───── Supplied records
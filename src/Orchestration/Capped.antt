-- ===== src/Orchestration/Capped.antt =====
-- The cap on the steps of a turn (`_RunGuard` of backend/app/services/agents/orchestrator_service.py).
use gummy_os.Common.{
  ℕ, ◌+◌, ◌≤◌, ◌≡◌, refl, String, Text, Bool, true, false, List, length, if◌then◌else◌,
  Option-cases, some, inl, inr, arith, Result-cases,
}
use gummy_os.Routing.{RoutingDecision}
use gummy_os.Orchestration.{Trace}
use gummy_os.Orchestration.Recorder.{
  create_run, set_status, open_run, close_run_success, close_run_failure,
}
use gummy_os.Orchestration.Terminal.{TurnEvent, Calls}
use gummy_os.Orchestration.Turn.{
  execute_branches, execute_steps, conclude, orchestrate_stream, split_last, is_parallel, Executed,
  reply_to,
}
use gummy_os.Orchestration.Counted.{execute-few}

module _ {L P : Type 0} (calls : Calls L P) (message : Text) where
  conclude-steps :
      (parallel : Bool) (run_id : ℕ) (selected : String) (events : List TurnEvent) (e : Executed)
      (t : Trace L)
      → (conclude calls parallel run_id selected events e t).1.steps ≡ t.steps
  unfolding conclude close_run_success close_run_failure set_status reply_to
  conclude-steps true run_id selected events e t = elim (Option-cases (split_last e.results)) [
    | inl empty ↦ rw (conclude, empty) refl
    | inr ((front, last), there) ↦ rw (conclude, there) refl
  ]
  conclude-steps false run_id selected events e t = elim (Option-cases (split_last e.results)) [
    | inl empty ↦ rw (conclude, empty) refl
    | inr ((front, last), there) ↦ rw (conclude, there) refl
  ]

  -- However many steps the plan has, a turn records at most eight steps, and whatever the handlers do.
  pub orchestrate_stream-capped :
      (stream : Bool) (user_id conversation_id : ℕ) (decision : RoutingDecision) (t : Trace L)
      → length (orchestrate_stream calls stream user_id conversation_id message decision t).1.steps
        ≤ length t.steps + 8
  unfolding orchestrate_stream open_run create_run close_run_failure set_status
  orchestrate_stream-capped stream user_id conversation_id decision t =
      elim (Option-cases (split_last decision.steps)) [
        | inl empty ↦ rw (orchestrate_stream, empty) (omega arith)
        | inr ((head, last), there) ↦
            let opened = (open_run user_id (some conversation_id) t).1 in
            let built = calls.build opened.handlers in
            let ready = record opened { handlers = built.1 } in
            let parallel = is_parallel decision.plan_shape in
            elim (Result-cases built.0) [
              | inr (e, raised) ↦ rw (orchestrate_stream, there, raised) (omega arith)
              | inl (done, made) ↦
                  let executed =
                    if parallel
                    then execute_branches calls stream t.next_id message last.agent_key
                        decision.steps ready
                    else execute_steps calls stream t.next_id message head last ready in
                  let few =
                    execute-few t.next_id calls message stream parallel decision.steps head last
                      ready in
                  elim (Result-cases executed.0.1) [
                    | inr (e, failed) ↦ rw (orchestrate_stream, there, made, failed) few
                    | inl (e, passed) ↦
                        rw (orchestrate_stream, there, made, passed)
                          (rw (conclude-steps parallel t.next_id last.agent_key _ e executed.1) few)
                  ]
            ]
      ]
──────────
An exact copy of the lines above, from the one containing "t).1.steps ≡ t.steps" through the one containing "unfolding orchestrate_stream open_run", is the whole of the answer.

      → (conclude calls parallel run_id selected events e t).1.steps ≡ t.steps
  unfolding conclude close_run_success close_run_failure set_status reply_to
  conclude-steps true run_id selected events e t = elim (Option-cases (split_last e.results)) [
    | inl empty ↦ rw (conclude, empty) refl
    | inr ((front, last), there) ↦ rw (conclude, there) refl
  ]
  conclude-steps false run_id selected events e t = elim (Option-cases (split_last e.results)) [
    | inl empty ↦ rw (conclude, empty) refl
    | inr ((front, last), there) ↦ rw (conclude, there) refl
  ]

  -- However many steps the plan has, a turn records at most eight steps, and whatever the handlers do.
  pub orchestrate_stream-capped :
      (stream : Bool) (user_id conversation_id : ℕ) (decision : RoutingDecision) (t : Trace L)
      → length (orchestrate_stream calls stream user_id conversation_id message decision t).1.steps
        ≤ length t.steps + 8
  unfolding orchestrate_stream open_run create_run close_run_failure set_status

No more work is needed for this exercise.